## Dog parsing

You've done a considerable amount of cleanup on the initial dataset, but now need to analyze the data a bit deeper. There are several questions that have now come up about the type of dogs seen in an image and some details regarding the images. You realize that to answer these questions, you need to process the data into a specific type. Before you can use it, you'll need to create a schema / type to represent the dog details.

The joined_df DataFrame is as you last defined it, and the pyspark.sql.types have all been imported.

#### Instructions
- Select the column representing the dog details from the DataFrame and show the first 10 un-truncated rows.
- Create a new schema as you've done before, using breed, start_x, start_y, end_x, and end_y as the names. Make sure to specify the proper data types for each field in the schema (any number value is an integer).

In [None]:
# Select the dog details and show 10 untruncated rows
print(joined_df.select('dog_list').show(10, truncate=False))

# Define a schema type for the details in the dog list
DogType = StructType([
	StructField("breed", StringType(), False),
    StructField("start_x", IntegerType(), False),
    StructField("start_y", IntegerType(), False),
    StructField("end_x", IntegerType(), False),
    StructField("end_y", IntegerType(), False)
])

## Per image count

Your next task in building a data pipeline for this dataset is to create a few analysis oriented columns. You've been asked to calculate the number of dogs found in each image based on your dog_list column created earlier. You have also created the DogType which will allow better parsing of the data within some of the data columns.

The joined_df is available as you last defined it, and the DogType StructType is defined. pyspark.sql.functions is available under the F alias.

### Instructions
- Create a Python function to split each entry in dog_list to its appropriate parts. Make sure to convert any strings into the appropriate types or the DogType will not parse correctly.
- Create a UDF using the above function.
- Use the UDF to create a new column called dogs. Drop the previous column in the same command.
- Show the number of dogs in the new column for the first 10 rows.

In [None]:
# Create a function to return the number and type of dogs as a tuple
def dogParse(doglist):
  dogs = []
  for dog in doglist:
    (breed, start_x, start_y, end_x, end_y) = dog.split(',')
    dogs.append((breed, int(start_x), int(start_y), int(end_x), int(end_y)))
  return dogs

# Create a UDF
udfDogParse = F.udf(dogParse, ArrayType(DogType))
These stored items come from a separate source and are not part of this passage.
-- ===== src/Database/PrintJobs/Settle/Money.antt =====
-- What a print that failed owes.
use kiosk_project.Database.PrintJobs.Outcome.{
  SettlementContext, settlement_input, ApplyPrintJobSettlementInput, PrintJobSettlementOutcome,
}
use kiosk_project.Base.{
  str_eq_refl, ◌≤◌, ◌≡◌, refl, ap, ◌∙◌, String, str_eq, eq_iff, Bool, true, false, Option, none,
  some, List, [], ◌∷◌, find, any, arith, Bool-cases, Option-cases, inl, inr, ok, ensured, Ensures,
  Ensures-map,
}
use kiosk_project.Base.Int.{ℤ, pos, eqb_ℤ}
use kiosk_project.Domain.PrintJob.{PrintDeviceResult, settle_print_device_result}
use kiosk_project.Domain.PrintJob.Settlement.{NothingPrinted, refund_iff}
use kiosk_project.Database.Tables.{matching, find-none}
use kiosk_project.Database.Payments.{Payment}
use kiosk_project.Database.PrintJobs.{
  PrintJob, PrintRefund, PrintStore, is_paid_by, is_refund_of, print_refund, upsert_refund,
  compensate_payment, record_print_failure_compensation,
}
use kiosk_project.Database.PrintJobs.Settle.{
  owed_for, record_settlement, settle_job, apply_print_job_settlement, find_print_job,
}
use kiosk_project.Database.PrintJobs.Settle.Writes.{
  left_alone, lost, settled, same_jobs, apply_print_job_settlement-Settlement,
}

-- What the obligation of a settlement does to the refunds: the identifier that it answers, and
-- the refunds afterwards.
pub data Compensated (payments : List Payment) (refunds : List PrintRefund) (job : PrintJob)
    (input : ApplyPrintJobSettlementInput) (r : Option String × List PrintRefund) : Type 0 where
  not_obliged :
      input.refund_obligation ≡ false
      → r ≡ (none, refunds)
      → Compensated payments refunds job input r
  nothing_paid :
      find (is_paid_by job.payment_id job.session_id) payments ≡ none
      → r ≡ (none, refunds)
      → Compensated payments refunds job input r
  paid_nothing :
      (p : Payment)
      → find (is_paid_by job.payment_id job.session_id) payments ≡ some p
      → eqb_ℤ p.amount_minor (pos 0) ≡ true
      → r ≡ (none, refunds)
      → Compensated payments refunds job input r
  owed_already :
      (p : Payment) (there : PrintRefund)
      → find (is_paid_by job.payment_id job.session_id) payments ≡ some p
      → find (is_refund_of p) refunds ≡ some there
      → r ≡ (some there.id, refunds)
      → Compensated payments refunds job input r
  newly_owed :
      (p : Payment)
      → find (is_paid_by job.payment_id job.session_id) payments ≡ some p
      → find (is_refund_of p) refunds ≡ none
      → r
        ≡ (some input.refund_id, print_refund input.refund_id input.now job.session_id p ∷ refunds)
      → Compensated payments refunds job input r

pub owed_for-Compensated :
    (input : ApplyPrintJobSettlementInput) (job : PrintJob) (payments : List Payment)
    (refunds : List PrintRefund)
    → Compensated payments refunds job input (owed_for input job payments refunds)
unfolding owed_for record_print_failure_compensation compensate_payment upsert_refund print_refund
owed_for-Compensated input job payments refunds = elim (Bool-cases input.refund_obligation) [
  | inr e ↦ not_obliged e (rw e refl)
  | inl e ↦ elim (Option-cases (find (is_paid_by job.payment_id job.session_id) payments)) [
    | inl f ↦ nothing_paid f (rw (e, f) refl)
    | inr (p, f) ↦ elim (Bool-cases (eqb_ℤ p.amount_minor (pos 0))) [
      | inl z ↦ paid_nothing p f z (rw (e, f, z) refl)
      | inr z ↦ elim (Option-cases (find (is_refund_of p) refunds)) [
        | inl g ↦ newly_owed p f g (rw (e, f, z, g) refl)
        | inr (there, g) ↦ owed_already p there f g (rw (e, f, z, g) refl)
      ]
    ]
  ]
]

-- No payment is owed back twice for a print that failed.
abbrev pub OwedOnce : List PrintRefund → Type 0
OwedOnce refunds = (p : Payment) → matching (is_refund_of p) refunds ≤ 1

abbrev refunds_after :
    PrintStore → ApplyPrintJobSettlementInput → PrintJob → Option String × List PrintRefund
refunds_after s input job = owed_for input job s.payments s.refunds

data Refunds (s : PrintStore) (input : ApplyPrintJobSettlementInput)
    (r : PrintJobSettlementOutcome × PrintStore) : Type 0 where
  no_refunds : r.0.applied ≡ false → r.1.refunds ≡ s.refunds → Refunds s input r
  refunds_for :
      (job : PrintJob)
      → find_print_job input.print_job_id s ≡ some job
      → r.1.refunds ≡ (refunds_after s input job).1
      → Refunds s input r

apply_print_job_settlement-Refunds :
    (s : PrintStore) (input : ApplyPrintJobSettlementInput)
    → Ensures (apply_print_job_settlement s input) (Refunds s input)
unfolding settle_job record_settlement
apply_print_job_settlement-Refunds s input =
    Ensures-map (apply_print_job_settlement-Settlement s input) λ r w. elim w [
      | left_alone n l ↦ no_refunds (ap (λ o. o.applied) n) (ap (λ t. t.refunds) l)
      | lost job f o n l ↦ no_refunds (ap (λ o. o.applied) n) (ap (λ t. t.refunds) l)
      | settled job f o (_, _, same_jobs _ _ _ _ refunds _ _) ↦ refunds_for job f refunds
    ]

another_refund :
    (x p : Payment) (id session_id : String) (now : ℤ) (refunds : List PrintRefund)
    → find (is_refund_of p) refunds ≡ none
    → matching (is_refund_of x) refunds ≤ 1
    → matching (is_refund_of x) (print_refund id now session_id p ∷ refunds) ≤ 1
unfolding is_refund_of print_refund matching
another_refund x p id session_id now refunds h k = elim (Bool-cases (str_eq p.id x.id)) [
  | inr e ↦ rw e k
  | inl e ↦
      let same_id : p.id ≡ x.id = (eq_iff p.id x.id).0 e in
      let none_yet : matching (is_refund_of x) refunds ≡ 0 =
        rw⁻¹ same_id (find-none (is_refund_of p) refunds h) in
      rw (e, none_yet) (omega arith)
]

-- A settlement of any kind leaves no payment owed back twice for a print that failed.
pub apply_print_job_settlement-OwedOnce :
    (s : PrintStore) (input : ApplyPrintJobSettlementInput)
    → OwedOnce s.refunds
    → Ensures (apply_print_job_settlement s input) (λ r. OwedOnce r.1.refunds)
apply_print_job_settlement-OwedOnce s input h =
    Ensures-map (apply_print_job_settlement-Refunds s input) λ r w. elim w [
      | no_refunds n e ↦ rw e h
      | refunds_for job f e ↦ rw e λ x. elim (owed_for-Compensated input job s.payments s.refunds) [
        | not_obliged _ c ↦ rw c (h x)
        | nothing_paid _ c ↦ rw c (h x)
        | paid_nothing _ _ _ c ↦ rw c (h x)
        | owed_already _ _ _ _ c ↦ rw c (h x)
        | newly_owed p _ g c ↦
            rw c (another_refund x p input.refund_id job.session_id input.now s.refunds g (h x))
      ]
    ]

any-find :
    (q : PrintRefund → Bool) (rs : List PrintRefund) (r : PrintRefund)
    → find q rs ≡ some r
    → any q rs ≡ true
any-find q [] r e = absurd (cc)
any-find q (x ∷ rs) r e = ground (arith, any-find q rs r)

-- An obligation to give money back leaves a refund of the payment, if it has been paid.
owed_for-refund :
    (input : ApplyPrintJobSettlementInput) (job : PrintJob) (p : Payment) (payments : List Payment)
    (refunds : List PrintRefund)
    → find (is_paid_by job.payment_id job.session_id) payments ≡ some p
    → eqb_ℤ p.amount_minor (pos 0) ≡ false
    → input.refund_obligation ≡ true
    → any (is_refund_of p) (owed_for input job payments refunds).1 ≡ true
unfolding owed_for record_print_failure_compensation compensate_payment upsert_refund print_refund
    is_refund_of
owed_for-refund input job p payments refunds f z e =
    elim (Option-cases (find (is_refund_of p) refunds)) [
      | inl g ↦ rw (e, f, z, g, str_eq_refl p.id) refl
      | inr (there, g) ↦ rw (e, f, z, g) (any-find (is_refund_of p) refunds there g)
    ]

owed_for-none :
    (input : ApplyPrintJobSettlementInput) (job : PrintJob) (payments : List Payment)
    (refunds : List PrintRefund)
    → input.refund_obligation ≡ false
    → (owed_for input job payments refunds).1 ≡ refunds
unfolding owed_for
owed_for-none input job payments refunds h = rw h refl

-- When a device's result settles a job whose payment was captured, applied and is not zero: if
-- the device proved that nothing was printed, the payment is owed back; and otherwise no refund is
-- recorded.
pub settled_result_refunds :
    (s t : PrintStore) (result : PrintDeviceResult) (c : SettlementContext) (print_job_id : String)
    (job : PrintJob) (p : Payment) (outcome : PrintJobSettlementOutcome)
    → find_print_job print_job_id s ≡ some job
    → find (is_paid_by job.payment_id job.session_id) s.payments ≡ some p
    → eqb_ℤ p.amount_minor (pos 0) ≡ false
    → apply_print_job_settlement s
        (settlement_input print_job_id (settle_print_device_result result) c)
      ≡ ok (outcome, t)
    → outcome.applied ≡ true
    → (NothingPrinted result → any (is_refund_of p) t.refunds ≡ true)
      × (¬ NothingPrinted result → t.refunds ≡ s.refunds)
settled_result_refunds s t result c id job p outcome f g z e a =
    let input = settlement_input id (settle_print_device_result result) c in
    elim (ensured (apply_print_job_settlement-Refunds s input) e) [
      | no_refunds n _ ↦ absurd (cc)
      | refunds_for other h k ↦
          let same_row : other ≡ job = cc in
          (
            λ n.
                rw (k, same_row)
                  (owed_for-refund input job p s.payments s.refunds g z ((refund_iff result).1 n)),
            λ n. elim (Bool-cases input.refund_obligation) [
              | inl o ↦ absurd (n ((refund_iff result).0 o))
              | inr o ↦ k ∙ owed_for-none input other s.payments s.refunds o
            ],
          )
    ]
# Use the UDF to list of dogs and drop the old column
joined_df = joined_df.withColumn('dogs', udfDogParse('dog_list')).drop('dog_list')

# Show the number of dogs in the first 10 rows
joined_df.select(F.size('dogs')).show(10)

## Percentage dog pixels

The final task for parsing the dog annotation data is to determine the percentage of pixels in each image that represents a dog (or dogs). You'll need to use the various techniques you've learned in this course to help calculate this information and add it as columns for later analysis.

To calculate the percentage of pixels, first calculate the total number of pixels representing each dog then sum them for the image. You can calculate the bounding box with the formula:

(Xend - Xstart) * (Yend - Ystart)

NOTE: You can ignore the possibility of overlapping bounding boxes in this instance.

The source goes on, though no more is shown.